The yield of blood cultures in a department of emergency medicine.

R Stalnikowicz1, C Block.   

Abstract

This study sought to determine the yield of blood cultures drawn in the department of emergency medicine. The results of 730 blood cultures taken from 718 patients were retrospectively analysed. The total percentage of positive cultures was 9.7%. Only 3.4% of the blood cultures were classified as true bacteraemia and the rest as contaminants. The commonest type of isolate was coagulase-negative staphylococci (49%), which were considered contaminants in all cases. Other contaminants represented 13.2% of all the positive blood cultures. The following bacteria comprised the group of true bacteraemia: Escherichia coli (12.6%), Streptococcus pneumoniae (9.8%), viridans streptococci (7%), Staphylococcus aureus (2.8%), Bacteroides fragilis (2.8%), Moraxella species (1.4%) and Flavobacterium species (1.4%). Blood cultures were positive in 3.6% of patients with pneumonia and in 10% of patients with urinary tract infections.
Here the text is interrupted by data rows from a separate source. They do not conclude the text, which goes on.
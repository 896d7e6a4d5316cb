-- ===== src/Physical/Chain.antt =====
-- How the block headers in memory represent the regions.
use black_diamond_os.Prelude.{ℕ, ◌≤◌, ◌<◌, ◌^◌, ◌≡◌, refl, List, [], ◌∷◌, ◌++◌, ◌∙◌, arith}
use black_diamond_os.Machine.{Memory}
use black_diamond_os.Physical.{Block, Phys, lead_sig_value, trail_sig_value}
use black_diamond_os.Physical.Regions.{Region, Spaced, end_of, All, All-mono}

abbrev pub header : ℕ → Region → ℕ → Block
header prev r next = record {
  lead_sig = lead_sig_value;
  next = next;
  prev = prev;
  size = r.size;
  free_mem_following = r.free;
  trail_sig = trail_sig_value;
}

-- the address of the first region, or `next` if there is none
abbrev pub first_of : List Region → ℕ → ℕ
first_of [] next = next
first_of (r ∷ rs) next = r.addr

-- the address of the last region, or `prev` if there is none
abbrev pub last_of : ℕ → List Region → ℕ
last_of prev [] = prev
last_of prev (r ∷ rs) = last_of r.addr rs

-- The headers of `rs`, linked both ways, between a block at `prev` and one at `next`.
abbrev pub Linked : Memory Block → ℕ → List Region → ℕ → Type 0
Linked m prev [] next = Unit
Linked m prev (r ∷ rs) next =
    (m r.addr ≡ header prev r (first_of rs next)) × Linked m r.addr rs next

-- The state holds exactly the regions `rs`.
pub record Represents (s : Phys) (rs : List Region) : Type 0 where
  pub linked : Linked s.blocks 0 rs 0
  pub first : s.first_block ≡ first_of rs 0
  pub final : s.final_block ≡ last_of 0 rs
  pub spaced : Spaced 0 rs

pub first_of-append :
    (xs : List Region) (r : Region) (ys : List Region) (next : ℕ)
    → first_of (xs ++ (r ∷ ys)) next ≡ first_of xs r.addr
first_of-append [] r ys next = refl
first_of-append (x ∷ xs) r ys next = refl

weaken : (lo hi : ℕ) (xs : List Region) → lo ≤ hi → Spaced hi xs → Spaced lo xs
weaken lo hi [] h sp = omega arith
weaken lo hi (x ∷ xs) h sp = (omega arith, sp.1, sp.2)

pub last_of-append :
    (prev : ℕ) (xs ys : List Region) → last_of prev (xs ++ ys) ≡ last_of (last_of prev xs) ys
last_of-append prev [] ys = refl
last_of-append prev (x ∷ xs) ys = last_of-append x.addr xs ys

-- A chain splits at each of its blocks.
pub Linked_split :
    (m : Memory Block) (prev : ℕ) (xs : List Region) (r : Region) (ys : List Region) (next : ℕ)
    → Linked m prev (xs ++ (r ∷ ys)) next
    → Linked m prev xs r.addr × Linked m (last_of prev xs) (r ∷ ys) next
Linked_split m prev [] r ys next l = (tt, l)
Linked_split m prev (x ∷ xs) r ys next l =
    let (front, back) = Linked_split m x.addr xs r ys next l.1 in
    ((rw (first_of-append xs r ys next) at (l.0), front), back)

pub Linked-append :
    (m : Memory Block) (prev : ℕ) (xs : List Region) (r : Region) (ys : List Region) (next : ℕ)
    → Linked m prev xs r.addr
    → Linked m (last_of prev xs) (r ∷ ys) next
    → Linked m prev (xs ++ (r ∷ ys)) next
Linked-append m prev [] r ys next l k = k
Linked-append m prev (x ∷ xs) r ys next l k =
    (rw (first_of-append xs r ys next) (l.0), Linked-append m x.addr xs r ys next (l.1) k)

-- the blocks of a spaced list lie at its lower bound or above
pub Spaced-above : (lo : ℕ) (xs : List Region) → Spaced lo xs → All (λ (q : Region). lo ≤ q.addr) xs
Spaced-above lo [] sp = tt
Spaced-above lo (x ∷ xs) sp =
    (sp.0, All-mono _ _ xs (λ q h. omega arith) (Spaced-above (end_of x) xs sp.2))

-- and its lower bound is an address
pub Spaced-lt : (lo : ℕ) (xs : List Region) → Spaced lo xs → lo < 2 ^ 64
Spaced-lt lo [] sp = sp
Spaced-lt lo (x ∷ xs) sp = omega (arith, Spaced-lt (end_of x) xs sp.2)

-- and before a block stand only lower addresses, with room up to it
pub Spaced-split :
    (lo : ℕ) (xs : List Region) (r : Region) (ys : List Region)
    → Spaced lo (xs ++ (r ∷ ys))
    → All (λ (q : Region). end_of q ≤ r.addr) xs
      × (lo ≤ r.addr)
      × (0 < r.addr)
      × Spaced (end_of r) ys
Spaced-split lo [] r ys sp = (tt, sp.0, sp.1, sp.2)
Spaced-split lo (x ∷ xs) r ys sp =
    let rest = Spaced-split (end_of x) xs r ys sp.2 in
    ((rest.1, rest.0), omega arith, rest.2, rest.3)

-- what replaces a block may use the room from its address on
pub Spaced-replace :
    (lo : ℕ) (xs : List Region) (r : Region) (ys zs : List Region)
    → Spaced lo (xs ++ (r ∷ ys))
    → Spaced r.addr zs
    → Spaced lo (xs ++ zs)
Spaced-replace lo [] r ys zs sp new = weaken lo r.addr zs sp.0 new
Spaced-replace lo (x ∷ xs) r ys zs sp new =
    (sp.0, sp.1, Spaced-replace (end_of x) xs r ys zs sp.2 new)

-- A chain survives writes elsewhere.
pub frame :
    (m m' : Memory Block) (prev next : ℕ) (xs : List Region)
    → Linked m prev xs next
    → All (λ (q : Region). m' q.addr ≡ m q.addr) xs
    → Linked m' prev xs next
frame m m' prev next [] l same = tt
frame m m' prev next (x ∷ xs) l same = (same.0 ∙ l.0, frame m m' x.addr next xs l.1 same.1)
In patients with fever of unclear source blood cultures were positive in 3.1% of children between 0-36 months of age and in 1.1% of patients older than 16 years. As a whole, patients with positive blood cultures were clinically sicker, a higher percentage of them required admission to the hospital and had higher temperatures or rapidly fatal disease, compared with the group of patients with negative blood cultures. In order to improve the yield of blood cultures in febrile patients, first, better a priori identification of those subjects at high risk for bacteraemia will reduce the number of unnecessary blood cultures and second, sterile venipuncture techniques should be improved in order to reduce the number of contaminants.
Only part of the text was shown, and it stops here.